Background
Referencing the Fourth Assessment Report of the IPCC, the authors write that "temperature, a key climate change indicator, is expected to increase substantially in the Northern Hemisphere, with potentially grave implications for human health."

What was done
Concerned about what these "expectations" might mean for their homeland, the five Danish researchers investigated the association between the daily three-hour maximum apparent temperature (which reflects the physiological experience of combined exposure to humidity and temperature) and deaths due to cardiovascular disease (CVD), cerebrovascular disease (CBD) and respiratory disease (RD) in the nation's capital, Copenhagen, over the period 1999-2006.

What was learned
Wichmann et al. found -- during the warm half of the year (April-September) -- that a rise in temperature actually had an inverse or protective effect with respect to CVD mortality (a 1% decrease in death in response to a 1°C increase in apparent temperature), which finding is rather unusual but has also been observed in Dublin, Ireland, as reported by Baccini et al. (2008, 2011), while they found no association with RD and CBD mortality. And at the other end of the thermal spectrum, during the cold half of the year, all three associations were inverse or protective, which finding, according to the researchers, is "consistent with other studies (Eurowinter Group, 1997; Nafstad et al., 2001; Braga et al., 2002; O'Neill et al., 2003; Analitis et al., 2008)."

What it means
Whereas climate alarmists continue to emphasize the primarily negative impact of summer heat waves on human death rates in low- and mid-latitude regions of the earth, essentially neglecting to report what happens there during winter cold spells, Wichmann et al.'s summer results tell a dramatically different story that is likely typical of higher latitudes. And they additionally portray what tends to happen nearly everywhere in winter, noting that during that cold part of the year "only protective effects [of warming] were observed," as may readily be seen to also be the case throughout the world by perusing the materials we have archived in our Subject Index under the general heading of Health Effects (Temperature -- Hot vs. Cold Weather), where the number of warming-induced deaths avoided in winter significantly over compensates for the number of deaths caused by an equivalent warming in summer.

References
Analitis, A., Katsouyanni, K., Biggeri, A., Baccini, M., Forsberg, B., Bisanti, L., Kirchmayer, U., Ballester, F., Cadum, E., Goodman, P.B., Hojs, A., Sunyer, J., Tiittanen, P. and Michelozzi, P. 2008. Effects of cold weather on mortality: Results from 15 European cities within the PHEWE project. American Journal of Epidemiology 168: 1397-1408.
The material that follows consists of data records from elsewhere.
-- ===== src/Db/Schema.antt =====
-- The index sets that write transactions share (`cached_indexes` and `bump_schema_gen` of
-- crates/stratodb/src/db/inner.rs), against the commits of index definitions: `create_index`,
-- `ensure_index` and `delete_index` of table.rs bump the counter after their commit, and the next write
-- transaction can begin in between. The counter does not wrap around here.
use stratodb.Base.{
  ℕ, ◌+◌, ◌^◌, ◌<◌, ◌≤◌, ◌≡◌, refl, inl, inr, List, [], false, ◌==◌, Option, none, some, some-inj,
  not_some, Bool-cases, arith, Text, text_eq, text_eq_sound,
}
use stratodb.Base.Dict.{lookup, insert, lookup-insert}
use stratodb.Error.{SdbResult, ok, err, panic}
use stratodb.Cache.{Mutex, locked}
use stratodb.Index.Maintenance.{IndexEntry}
use stratodb.Db.{IndexSets, add_one, current_set, keep_set, or_load, sets_at}

-- The committed registry, by table; the counter; how many commits of definitions have not bumped it
-- yet; the cached sets.
pub record Schema : Type 0 where
  pub registry : Text → List IndexEntry
  pub schema_gen : ℕ
  pub unbumped : ℕ
  pub index_sets : Mutex IndexSets

abbrev pub init : (Text → List IndexEntry) → Schema
init registry = record {
  registry = registry;
  schema_gen = 0;
  unbumped = 0;
  index_sets = record { poisoned = false; guarded = [] };
}

-- A write transaction loads the set of its table from the committed registry, or fails to.
abbrev pub IsLoad : Schema → Text → SdbResult (List IndexEntry) → Type 0
IsLoad s table (ok set) = set ≡ s.registry table
IsLoad s table (err e) = Unit
IsLoad s table panic = ⊥

-- Write transactions exclude one another up to their commit. `current` is the counter where
-- `cached_indexes` loaded it, which may be before the bumps since.
pub data Step (s : Schema) : Schema → Type 0 where
  commit :
      (registry : Text → List IndexEntry)
      → Step s (record s { registry = registry; unbumped = s.unbumped + 1 })
  bump :
      (left : ℕ)
      → s.unbumped ≡ left + 1
      → s.schema_gen + 1 < 2 ^ 64
      → Step s (record s { schema_gen = add_one s.schema_gen; unbumped = left })
  use_set :
      (current : ℕ) (table : Text) (load : SdbResult (List IndexEntry))
      → current ≤ s.schema_gen
      → IsLoad s table load
      → Step s (record s { index_sets = (sets_at s.index_sets current table load).1 })

pub data Reach (registry : Text → List IndexEntry) : Schema → Type 0 where
  start : Reach registry (init registry)
  next : {s t : Schema} → Reach registry s → Step s t → Reach registry t

-- A cached set is of a generation that was, and once every commit has bumped the counter, a set of the
-- current one is the registry's.
abbrev pub IsTagged : Schema → Text → ℕ × List IndexEntry → Type 0
IsTagged s table (g, set) =
    (g ≤ s.schema_gen) × (g ≡ s.schema_gen → s.unbumped ≡ 0 → set ≡ s.registry table)

pub record IsCurrent (s : Schema) : Type 0 where
  pub whole : s.index_sets.poisoned ≡ false
  pub tagged :
      (table : Text) (entry : ℕ × List IndexEntry)
      → lookup s.index_sets.guarded table ≡ some entry
      → IsTagged s table entry

pub current_set-hit :
    (current : ℕ) (found : Option (ℕ × List IndexEntry)) (set : List IndexEntry)
    → current_set current found ≡ some set
    → found ≡ some (current, set)
unfolding current_set
current_set-hit current none set e = absurd (not_some e)
current_set-hit current (some (g, kept)) set e = elim (Bool-cases (g == current)) [
  | inl same ↦
      let found : some kept ≡ some set = rw same at e in
      let equal : g ≡ current = ground arith in rw (equal, some-inj found) refl
  | inr other ↦ absurd (not_some (rw other at e))
]

-- What the cached sets are after a load was put there.
insert-IsTagged :
    (s : Schema) (current : ℕ) (table : Text) (set : List IndexEntry)
    → IsCurrent s
    → current ≤ s.schema_gen
    → set ≡ s.registry table
    → (other : Text) (entry : ℕ × List IndexEntry)
    → lookup (insert s.index_sets.guarded table (current, set)) other ≡ some entry
    → IsTagged s other entry
insert-IsTagged s current table set h past same other entry e =
    elim (Bool-cases (text_eq other table)) [
      | inl equal ↦
          let found : some (current, set) ≡ some entry =
            rw (lookup-insert s.index_sets.guarded table (current, set) other, equal) at e in
          rw (← some-inj found, text_eq_sound other table equal) (past, λ _ _. same)
      | inr differ ↦
          h.tagged other entry
            (rw (lookup-insert s.index_sets.guarded table (current, set) other, differ) at e)
    ]

put_back-IsCurrent :
    (s : Schema) (current : ℕ) (table : Text) (load : SdbResult (List IndexEntry))
    → IsCurrent s
    → current ≤ s.schema_gen
    → IsLoad s table load
    → IsCurrent (record s { index_sets = (keep_set s.index_sets current table load).1 })
unfolding keep_set locked
put_back-IsCurrent s current table (ok set) h past same =
    rw h.whole (record { whole = refl; tagged = insert-IsTagged s current table set h past same })
put_back-IsCurrent s current table (err e) h past same = record {
  whole = h.whole;
  tagged = h.tagged;
}
put_back-IsCurrent s current table panic h past same = absurd same

or_load-IsCurrent :
    (s : Schema) (current : ℕ) (table : Text) (load : SdbResult (List IndexEntry))
    (found : Option (List IndexEntry))
    → IsCurrent s
    → current ≤ s.schema_gen
    → IsLoad s table load
    → IsCurrent (record s { index_sets = (or_load s.index_sets current table load (ok found)).1 })
unfolding or_load
or_load-IsCurrent s current table load (some set) h past same = record {
  whole = h.whole;
  tagged = h.tagged;
}
or_load-IsCurrent s current table load none h past same =
    put_back-IsCurrent s current table load h past same

-- `sets_at` where no thread panicked with the lock held.
pub sets_at-or_load :
    (sets : Mutex IndexSets) (current : ℕ) (table : Text) (load : SdbResult (List IndexEntry))
    → sets.poisoned ≡ false
    → sets_at sets current table load
      ≡ or_load sets current table load (ok (current_set current (lookup sets.guarded table)))
unfolding sets_at locked
sets_at-or_load sets current table load whole = rw whole refl

Step-IsCurrent : {s t : Schema} → Step s t → IsCurrent s → IsCurrent t
unfolding add_one
Step-IsCurrent {s} (commit registry) h = record {
  whole = h.whole;
  tagged = λ table (g, set) e. ((h.tagged table (g, set) e).0, λ now clear. absurd (omega arith));
}
Step-IsCurrent {s} (bump left e fits) h = record {
  whole = h.whole;
  tagged = λ table (g, set) e.
      let past = (h.tagged table (g, set) e).0 in (omega arith, λ now clear. absurd (omega arith));
}
Step-IsCurrent {s} (use_set current table load past same) h =
    rw (sets_at-or_load s.index_sets current table load h.whole)
      (or_load-IsCurrent s current table load _ h past same)

pub Reach-IsCurrent : {r : Text → List IndexEntry} {s : Schema} → Reach r s → IsCurrent s
unfolding lookup
Reach-IsCurrent start = record { whole = refl; tagged = λ table entry e. absurd (not_some e) }
Reach-IsCurrent (next r step) = Step-IsCurrent step (Reach-IsCurrent r)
Baccini, M., Biggeri, A., Accetta, G., Kosatsky, T., Katsouyanni, K., Analitis, A., Anderson, H.R., Bisanti, L., D'Ippoliti, D., Danova, J., Forsberg, B., Medina, S., Paldy, A., Rabczenko, D., Schindler, C. and Michelozzi, P. 2008. Heat effects on mortality in 15 European cities. Epidemiology 19: 711-719.

Baccini, M., Tom, K. and Biggeri, A. 2011. Impact of heat on mortality in 15 European cities: Attributable deaths under different weather scenarios. Journal of Epidemiology and Community Health 65: 64-70.

Braga, A., Zanobetti, A. and Schwartz, J. 2002. The effect of weather on respiratory and cardiovascular deaths in 12 US cities. Environmental Health Perspectives 110: 859-863.

Eurowinter Group. 1997. Cold exposure and winter mortality from ischaemic heart disease, cerebrovascular disease, respiratory disease, and all causes in warm and cold regions of Europe. The Lancet 349: 1341-1346.

Nafstad, P., Skrondal, A. and Bjertness, E. 2001. Mortality and temperature in Oslo, Norway, 1990-1995. European Journal of Epidemiology 17: 621-627.

O'Neill, M.S., Zanobetti, A. and Schwartz, J. 2003. Modifiers of the temperature and mortality association in seven US cities. American Journal of Epidemiology 157: 1074-1082.